The last guy that cut my tires got a good lesson on why you shouldn't do that. Because of the confrontation in the bar, I knew who did it, and he did it because he was afraid to fight, but unfortunately he ended up in a fight he couldn't win. You are far better off either taking care of a situation head on, or simply walk away!

----------


## BENESSE

And to think...some people go their whole lives without slashing or getting their tires slashed because of a "situation". Oh, what sheltered lives we lead.

----------


## gryffynklm

Wow! you carry a big knife, and "they" call you Blade becfause you slashed tires, and this is some thing we should be impressed with. 

I carry a small blade and they call me.... Well they call me a lot of things.

----------


## Blade

> That's a big knife to carry. Most likely illegal to conceal or carry into a bar. You wanna be a badass, join the service.


Did I mention I was a badass? I think not. Since you know nothing of me and where I go perhaps you may want to reserve your comments for a later time.




> The last guy that cut my tires got a good lesson on why you shouldn't do that. Because of the confrontation in the bar, I knew who did it, and he did it because he was afraid to fight, but unfortunately he ended up in a fight he couldn't win. You are far better off either taking care of a situation head on, or simply walk away!


It was a long time ago and yes the guy absolutely knew who did it and because of that, it ended.




> And to think...some people go their whole lives without slashing or getting their tires slashed because of a "situation". Oh, what sheltered lives we lead.


Refer to my first post above.

----------


## Sarge47

People can call me anything except late for supper!       :W00t:

----------


## wildgarlic

> And to think...some people go their whole lives without slashing or getting their tires slashed because of a "situation". Oh, what sheltered lives we lead.


Depends on the situation: maybe it was justified.

----------


## Sarge47

So why do they call him "Blade?"  Because "Tire killer" was already taken!      :W00t: 

Sorry, couldn't resist!  :W00t:

----------


## kyratshooter

I am at a loss for words!

OH wait, I have thought of a few.

Classic overcompensation

Passive Agressive

juvinile

vandalism

sociopathic

narcisistic

I'll stop now but the list could go on just from the OP and the defense of it.

It's been a long time since we had a post  like this.  Reminds me of some of the old time survivalist forums where the primary topics were looting and proper cooking methods for "long pig".

----------


## gryffynklm

[QUOTE=Blade;377767]Did I mention I was a badass? I think not. Since you know nothing of me and where I go perhaps you may want to reserve your comments for a later time.

Blade. This is how you decided to make an introduction. It apperaently contains the inportant information you would like us to know about yourself. KyRat summerized my inpression of you after reading this introduction. Don't blame the posters that took your introduction this way. First impressions are strong and long lasting. My opinion doesn't mater on the other hand, it seems I'm not alone. 

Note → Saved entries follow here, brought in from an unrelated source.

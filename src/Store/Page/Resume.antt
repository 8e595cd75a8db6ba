-- ===== src/Store/Page/Resume.antt =====
-- On internal/store/paginate.go: where the next page starts.
use the_500mb_club_challenge.Prelude.{
  ℕ, zero, suc, ◌+◌, ◌≤◌, ◌≡◌, refl, sym, ap, ◌∙◌, Bool, true, false, some, List, [], ◌∷◌, ◌++◌,
  leb, if◌then◌else◌, ok, length, take, drop, get_elem?, filter, All, arith, le→leb, Bool-cases,
  inl, inr, filter-append, filter_all, filter_none, length-append, take-append, take-suc, take_all,
  get_elem?_below, All-imp, All-left, All-right, All-append, append_assoc, split_at, drop_all,
  drop-append,
}
use mathlib.Core.Path.{subst}
use the_500mb_club_challenge.Prelude.Int.{ℤ, pos, eqb_ℤ, leb_ℤ, ◌≤ℤ◌, eqb_ℤ_iff}
use the_500mb_club_challenge.Cursor
use the_500mb_club_challenge.Model.Point.{Point}
use the_500mb_club_challenge.Store.Page.{trailing_run, full_page, build_page}

-- Ascending timestamps.
abbrev pub Ascending : List Point → Type 0
Ascending [] = Unit
Ascending (p ∷ ps) = All (λ q. p.ts ≤ℤ q.ts) ps × Ascending ps

-- The points that a fetch from timestamp `t` on reads.
abbrev pub from_ts : ℤ → Point → Bool
from_ts t p = leb_ℤ t p.ts

pub Ascending-left : (xs ys : List Point) → Ascending (xs ++ ys) → Ascending xs
Ascending-left [] ys h = tt
Ascending-left (x ∷ xs) ys (p, h) = (All-left _ xs ys p, Ascending-left xs ys h)

pub Ascending-right : (xs ys : List Point) → Ascending (xs ++ ys) → Ascending ys
Ascending-right [] ys h = h
Ascending-right (x ∷ xs) ys (p, h) = Ascending-right xs ys h

-- Everything in front of a point is at most that point.
Ascending-before :
    (xs : List Point) (y : Point) (ys : List Point)
    → Ascending (xs ++ y ∷ ys)
    → All (λ q. q.ts ≤ℤ y.ts) xs
Ascending-before [] y ys h = tt
Ascending-before (x ∷ xs) y ys (p, h) = ((All-right _ xs (y ∷ ys) p).0, Ascending-before xs y ys h)

last_counts : (p : Point) (last : ℤ) → eqb_ℤ p.ts last ≡ true → from_ts last p ≡ true
last_counts p last e = ground arith

last_skipped :
    (p : Point) (last : ℤ) → p.ts ≤ℤ last → eqb_ℤ p.ts last ≡ false → from_ts last p ≡ false
last_skipped p last h e = ground arith

all_below :
    (xs : List Point) (t last : ℤ)
    → t ≤ℤ last
    → eqb_ℤ t last ≡ false
    → All (λ q. q.ts ≤ℤ t) xs
    → All (λ q. from_ts last q ≡ false) xs
all_below xs t last h e = All-imp _ _ (λ q k. ground arith) xs

-- The run that the loop counts is the part of the page that a fetch from `last` would read again.
trailing_run-filter :
    (page : List Point) (last : ℤ) (n : ℕ)
    → n ≤ length page
    → Ascending page
    → All (λ q. q.ts ≤ℤ last) page
    → trailing_run page last n ≡ length (filter (from_ts last) (take n page))
unfolding trailing_run
trailing_run-filter page last zero h a b = refl
trailing_run-filter page last (suc n) h a b =
    let (p, q) = get_elem?_below page n (omega arith) in
    let front : List Point = take n page in
    let rest : List Point = drop (suc n) page in
    let parts = split_at n page q in
    let before = Ascending-before front p rest (subst Ascending parts a) in
    let at_most : p.ts ≤ℤ last =
      (All-right _ front (p ∷ rest) (subst (All (λ q. q.ts ≤ℤ last)) parts b)).0 in
    rw (trailing_run, q, take-suc n page q, filter-append)
      (elim (Bool-cases (eqb_ℤ p.ts last)) [
        | inl e ↦
            rw (e, last_counts p last e, length-append)
              (omega (arith, trailing_run-filter page last n (omega arith) a b))
        | inr e ↦ rw (
          e,
          last_skipped p last at_most e,
          filter_none (from_ts last) front (all_below front p.ts last at_most e before),
        )
      ])

-- `before` is what the pages so far held and `rest` what is still to be read, when the next fetch
-- starts at timestamp `ts` and skips `skip` points.
pub record Resumes (before rest : List Point) (ts : ℤ) (skip : ℕ) : Type 0 where
  pub ordered : Ascending (before ++ rest)
  pub behind : All (λ q. q.ts ≤ℤ ts) before
  pub ahead : All (λ q. ts ≤ℤ q.ts) rest
  pub skipped : length (filter (from_ts ts) before) ≡ skip

-- Such a fetch reads exactly what is still to be read.
pub Resumes-fetch :
    (before rest : List Point) {ts : ℤ} {skip : ℕ}
    → Resumes before rest ts skip
    → drop skip (filter (from_ts ts) (before ++ rest)) ≡ rest
Resumes-fetch before rest {ts} {skip} r =
    let all : filter (from_ts ts) rest ≡ rest =
      filter_all (from_ts ts) rest (All-imp _ _ (λ q k. ground arith) rest r.ahead) in
    rw (filter-append, all, ← r.skipped) (drop-append (filter (from_ts ts) before) rest)

page_last :
    (page : List Point) (n : ℕ)
    → length page ≡ suc n
    → (p : Point) × (get_elem? page n ≡ some p) × (page ≡ take n page ++ p ∷ [])
page_last page n h =
    let (p, q) = get_elem?_below page n (omega arith) in
    (p, q, split_at n page q ∙ rw (drop_all (suc n) page (omega arith)))

-- The cursor's skip counts every point so far that a fetch from the last timestamp reads again.
next_skip :
    (before page : List Point) (last : Point) (ts : ℤ) (skip : ℕ)
    → All (λ q. q.ts ≤ℤ ts) before
    → ts ≤ℤ last.ts
    → length (filter (from_ts ts) before) ≡ skip
    → (let run = length (filter (from_ts last.ts) page) in
        if eqb_ℤ last.ts ts then run + skip else run)
      ≡ length (filter (from_ts last.ts) (before ++ page))
next_skip before page last ts skip behind h s =
    rw (filter-append, length-append)
      (elim (Bool-cases (eqb_ℤ last.ts ts)) [
        | inl e ↦
            let same = eqb_ℤ_iff last.ts ts e in
            rw e (omega (arith, s, ap (λ t. length (filter (from_ts t) before)) same))
        | inr e ↦
            rw
              (
                e,
                filter_none (from_ts last.ts) before
                    (all_below before ts last.ts h (ground arith) behind),
              )
              (omega arith)
      ])

full_page_lem :
    (page : List Point) (n : ℕ) (last : Point) (ts : ℤ) (skip next : ℕ)
    → (if eqb_ℤ last.ts ts then trailing_run page last.ts n + skip else trailing_run page last.ts n)
      ≡ next
    → full_page page n ts skip (some last) ≡ ok (page, Cursor.encode last.ts (pos next))
full_page_lem page n last ts skip next e = unfold full_page in rw e

take_page :
    (page : List Point) (x : Point) (n : ℕ) → length page ≡ n → take n (page ++ x ∷ []) ≡ page
take_page page x n h = rw (← h) (take-append page (x ∷ []))

build_page_full :
    (page : List Point) (x last : Point) (n : ℕ) (ts : ℤ) (skip : ℕ)
    → length page ≡ suc n
    → get_elem? page n ≡ some last
    → build_page (page ++ x ∷ []) (suc n) ts skip ≡ full_page page (suc n) ts skip (some last)
unfolding build_page full_page
build_page_full page x last n ts skip h q =
    rw (build_page, length-append, take_page page x (suc n) h, h, q)
      (elim (Bool-cases (leb (suc n + 1) (suc n))) [ inl e ↦ absurd (ground arith) | inr e ↦ rw e ])

-- If a timestamp and a skip resume after the points `before`, and a full page of one point or more
-- follows and one more point after it, then BuildPage on the page and that point returns the page
-- and the cursor made of the timestamp of its last point and of a skip, and these two resume after
-- `before` and the page.
pub build_page-Resumes :
    (before page : List Point) (x : Point) (more : List Point) (n : ℕ) (ts : ℤ) (skip : ℕ)
    → length page ≡ suc n
    → Resumes before (page ++ x ∷ more) ts skip
    → (last : Point) × (next : ℕ) × (build_page (page ++ x ∷ []) (suc n) ts skip
        ≡ ok (page, Cursor.encode last.ts (pos next)))
      × (get_elem? page n ≡ some last)
      × Resumes (before ++ page) (x ∷ more) last.ts next
build_page-Resumes before page x more n ts skip h r =
    let (last, q, parts) = page_last page n h in
    let front : List Point = take n page in
    let whole : before ++ (page ++ x ∷ more) ≡ (before ++ front) ++ last ∷ x ∷ more =
      ap (λ t. before ++ (t ++ x ∷ more)) parts ∙ simp append_assoc in
    let ordered = subst Ascending whole r.ordered in
    let at_most = Ascending-before (before ++ front) last (x ∷ more) ordered in
    let upto : All (λ q. q.ts ≤ℤ last.ts) page =
      subst (All (λ q. q.ts ≤ℤ last.ts)) (sym parts)
        (All-append _ front (last ∷ []) (All-right _ before front at_most) (omega arith, tt)) in
    let page_ordered = Ascending-left page (x ∷ more) (Ascending-right before _ r.ordered) in
    let run =
      trailing_run-filter page last.ts (suc n) (omega arith) page_ordered upto
      ∙ ap (λ t. length (filter (from_ts last.ts) t)) (take_all (suc n) page (omega arith)) in
    let after_ts : All (λ q. ts ≤ℤ q.ts) (front ++ last ∷ []) =
      subst (All (λ q. ts ≤ℤ q.ts)) parts (All-left _ page (x ∷ more) r.ahead) in
    let counted =
      next_skip before page last ts skip r.behind (All-right _ front (last ∷ []) after_ts).0
        r.skipped in
    (
      last,
      length (filter (from_ts last.ts) (before ++ page)),
      build_page_full page x last n ts skip h q
          ∙ full_page_lem page (suc n) last ts skip _ (rw run counted),
      q,
      record {
        ordered = rw append_assoc r.ordered;
        behind = All-append _ before page (All-left _ before front at_most) upto;
        ahead = (Ascending-right (before ++ front) (last ∷ x ∷ more) ordered).0;
        skipped = refl;
      },
    )

-- Where all that is left fits the page, it is the page, with no cursor.
pub build_page_last :
    (rest : List Point) (limit : ℕ) (ts : ℤ) (skip : ℕ)
    → length rest ≤ limit
    → build_page rest limit ts skip ≡ ok (rest, [])
unfolding build_page
build_page_last rest zero ts skip h = rw (le→leb (length rest) 0 h)
build_page_last rest (suc n) ts skip h = rw (le→leb (length rest) (suc n) h)

-- The start of a walk: the points in front of `from` count as read.
pub Resumes-start :
    (ps : List Point) (from : ℤ)
    → Ascending ps
    → (before : List Point) × (before ++ filter (from_ts from) ps ≡ ps)
      × Resumes before (filter (from_ts from) ps) from 0
Resumes-start [] from a =
    ([], refl, record { ordered = tt; behind = tt; ahead = tt; skipped = refl })
Resumes-start (p ∷ ps) from (ap', a) = elim (Bool-cases (from_ts from p)) [
  | inl e ↦
      let above : All (λ q. from ≤ℤ q.ts) ps = All-imp _ _ (λ q k. ground arith) ps ap' in
      rw (e, filter_all (from_ts from) ps (All-imp _ _ (λ q k. ground arith) ps above))
        (
          [],
          refl,
          record { ordered = (ap', a); behind = tt; ahead = (ground arith, above); skipped = refl },
        )
  | inr e ↦
      let (before, parts, r) = Resumes-start ps from a in
      rw e (
        p ∷ before,
        ap (λ t. p ∷ t) parts,
        record {
          ordered = (rw parts ap', r.ordered);
          behind = (ground arith, r.behind);
          ahead = r.ahead;
          skipped = rw e r.skipped;
        },
      )
]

I look forword to reading posts that demonstrate your skill and interest in the subjects discussed in this forum.

----------


## Psalm25

Not saying your story does not make you worthy of the name blade, it does fit the picture. I would be more inclined to drop my jaw in awe reading how you use or used your knife in a survival situation. I did enjoy the part about using it on the elk, trout and building a shelter with it. I always wanted to hunt elk but there are non in these parts. Plenty of trout. Do you catch your trout on a fly or spin cast?

----------


## Sarge47

"Cuz that's the screen name I chose when I 1st came on here.  No, I've never been in the military, and I don't give a rat's butt if anybody gets their nose out of joint because of that!  When I was just a wee lad my playmates started calling me that.  I wear it proudly!     :Detective:

----------


## Wildthang

Wel l all I know is that people that slash tires are normally afraid to properly confront a situation, but that is only my opinion!

----------


## Sarge47

> Wel l all I know is that people that slash tires are normally afraid to properly confront a situation, but that is only my opinion!


Good point, why go covert when you carry a Busse Battle Mistress?     :Detective:

----------


## Psalm25

protester.jpg

knife.jpg

Sorry, I couldn't resist

----------


## Wildthang

> Good point, why go covert when you carry a Busse Battle Mistress?

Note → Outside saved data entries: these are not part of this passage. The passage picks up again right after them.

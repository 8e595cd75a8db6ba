-- ===== src/Store/Mem.antt =====
-- internal/store/mem.go: the in-memory store. Each method holds the lock for its whole access to the
-- state, so a method is one step from state to state. `cap` is a Go `int` that is not negative.
pub mod Insert
pub mod Invariant
pub mod View
pub mod Pages
pub mod Contents
pub mod Answers
use the_500mb_club_challenge.Prelude.{
  ℕ, zero, suc, ◌+◌, ◌-◌, ◌%◌, ◌^◌, Bool, true, false, not, ◌&&◌, Option, none, some, List, [], ◌∷◌,
  ◌++◌, ltb, if◌then◌else◌, Bytes, bytes_eq, Result, ok, err, panic, length, take, drop, get_or,
  filter, ◌*◌,
}
use the_500mb_club_challenge.Resp.{max_alloc}
use the_500mb_club_challenge.Prelude.Int.{ℤ, to_int64, leb_ℤ}
use the_500mb_club_challenge.Golang.Binary.{get_be, bytes_lt}
use the_500mb_club_challenge.Golang.Search.{search}
use the_500mb_club_challenge.Cursor
use the_500mb_club_challenge.Model.Point.{Point}
use the_500mb_club_challenge.Model.Codec.{encode, decode}
use the_500mb_club_challenge.Store.{Error}
use the_500mb_club_challenge.Store.Page.{build_page}
use mathlib.Core.List.{reverse}

-- `dev` answers `[]` for a device that the Go map does not hold, as reading the map does.
pub record MemStore : Type 0 where
  pub cap : ℕ
  pub seq : ℕ
  pub dev : Bytes → List Bytes

unfoldable pub new_mem : ℕ → MemStore
new_mem cap = record { cap = cap; seq = 0; dev = λ id. [] }

-- `m.dev[id] = members`
unfoldable pub set_dev : (Bytes → List Bytes) → Bytes → List Bytes → Bytes → List Bytes
set_dev dev id members j = if bytes_eq id j then members else dev j

unfoldable pub mem_ts : Bytes → ℤ
mem_ts member = to_int64 (get_be (take 8 member))

-- `append(members, nil)`, the shift by `copy`, and the assignment at `i`.
unfoldable pub insert_at : ℕ → Bytes → List Bytes → List Bytes
insert_at i enc members = take i members ++ enc ∷ drop i members

unfoldable pub insert_member : Bytes → List Bytes → List Bytes
unfolding insert_at
insert_member enc members =
    insert_at (search (length members) (λ i. not (bytes_lt (get_or members i []) enc))) enc members

-- The loop over the points of a batch, with the members and the counter so far.
unfoldable pub append_points : List Bytes → ℕ → List Point → List Bytes × ℕ
append_points members seq [] = (members, seq)
append_points members seq (p ∷ ps) =
    append_points (insert_member (encode p ((seq + 1) % 2 ^ 64)) members) ((seq + 1) % 2 ^ 64) ps

-- Only the newest `cap` members are kept.
unfoldable pub trim : ℕ → List Bytes → List Bytes
trim cap members = if ltb cap (length members) then drop (length members - cap) members else members

unfoldable pub append : MemStore → Bytes → List Point → MemStore × Result Error ℕ
unfolding append_points trim set_dev
append m id pts =
    let (members, seq) = append_points (m.dev id) m.seq pts in
    (record m { seq = seq; dev = set_dev m.dev id (trim m.cap members) }, ok (length pts))

-- The loop over a window that has skipped its first members: at most `room` are decoded.
unfoldable pub fetch : List Bytes → ℕ → Option (List Point)
fetch [] room = some []
fetch (m ∷ ms) zero = some []
fetch (m ∷ ms) (suc room) =
    let rest = fetch ms room in
    elim (decode m) [ none ↦ none | some p ↦ elim rest [ none ↦ none | some ps ↦ some (p ∷ ps) ] ]

-- Where a query starts: at `from`, or at its cursor.
unfoldable pub lower_bound : ℤ → Bytes → Result Cursor.Error (ℤ × ℕ)
lower_bound from [] = ok (from, 0)
lower_bound from (c ∷ cur) = Cursor.decode (c ∷ cur)

unfoldable pub in_window : ℤ → ℤ → Bytes → Bool
in_window cur_ts to m = leb_ℤ cur_ts (mem_ts m) && leb_ℤ (mem_ts m) to

-- The bytes of a `model.Point` on a 64-bit machine.
abbrev pub point_size : ℕ
point_size = 64

-- `make([]model.Point, 0, limit+1)` panics when that many points do not fit an allocation.
unfoldable pub range_from : List Bytes → ℤ → ℕ → ℤ × ℕ → Result Error (List Point × Bytes)
range_from members to limit (cur_ts, cur_skip) =
    if ltb max_alloc ((limit + 1) * point_size)
    then panic
    else elim (fetch (drop cur_skip (filter (in_window cur_ts to) members)) (limit + 1)) [
      | none ↦ err Error.point
      | some fetched ↦ build_page fetched limit cur_ts cur_skip
    ]

unfoldable pub range : MemStore → Bytes → ℤ → ℤ → ℕ → Bytes → Result Error (List Point × Bytes)
range m id from to limit cur = elim (lower_bound from cur) [
  | ok start ↦ range_from (m.dev id) to limit start
  | err e ↦ err (Error.cursor e)
  | panic ↦ panic
]

unfoldable pub decode_all : List Bytes → Result Error (List Point)
decode_all ms = elim (fetch ms (length ms)) [ none ↦ err Error.point | some ps ↦ ok ps ]

-- `start` is `len(members) - n`, and 0 where that is negative.
unfoldable pub recent : MemStore → Bytes → ℕ → Result Error (List Point)
recent m id n = let members = m.dev id in decode_all (reverse (drop (length members - n) members))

Kind of like carrying a covert baseball bat :Scared:

----------


## Blade

> Not saying your story does not make you worthy of the name blade, it does fit the picture. I would be more inclined to drop my jaw in awe reading how you use or used your knife in a survival situation. I did enjoy the part about using it on the elk, trout and building a shelter with it. I always wanted to hunt elk but there are non in these parts. Plenty of trout. Do you catch your trout on a fly or spin cast?


I'm goingto chose to take the high road and ignore the petty snipes and remarks and continue in a more mature way.

I always use a fly rod,and tie my own flies. I favor floating a nymph and my most favorite one is a "White Glove Howdy". Nymph's usually yeild some nice brown trouts but eventually they all will bite on it. Salt water fishing i use a jig with a root beer color tail........never fails for all species.

I will eventually get to some of my survival trip stories and the various times I've used my Mistress in survival mode.

----------


## BushCraft

> I'm goingto chose to take the high road and ignore the petty snipes and remarks and continue in a more mature way.
> 
> I always use a fly rod,and tie my own flies. I favor floating a nymph and my most favorite one is a "White Glove Howdy". Nymph's usually yeild some nice brown trouts but eventually they all will bite on it. Salt water fishing i use a jig with a root beer color tail........never fails for all species.
> 
> I will eventually get to some of my survival trip stories and the various times I've used my Mistress in survival mode.


We don't live near any good trouting location (Ocean fishing for us) but I watched a bloke tieing a fly by hand one day, I've got the utmost respect for anyone who has the patience to hand tie a lure knowing with each cast they may lose it. That would be the breaker for me. To lose your hard work and the fish.

----------


## Blade

> We don't live near any good trouting location (Ocean fishing for us) but I watched a bloke tieing a fly by hand one day, I've got the utmost respect for anyone who has the patience to hand tie a lure knowing with each cast they may lose it. That would be the breaker for me. To lose your hard work and the fish.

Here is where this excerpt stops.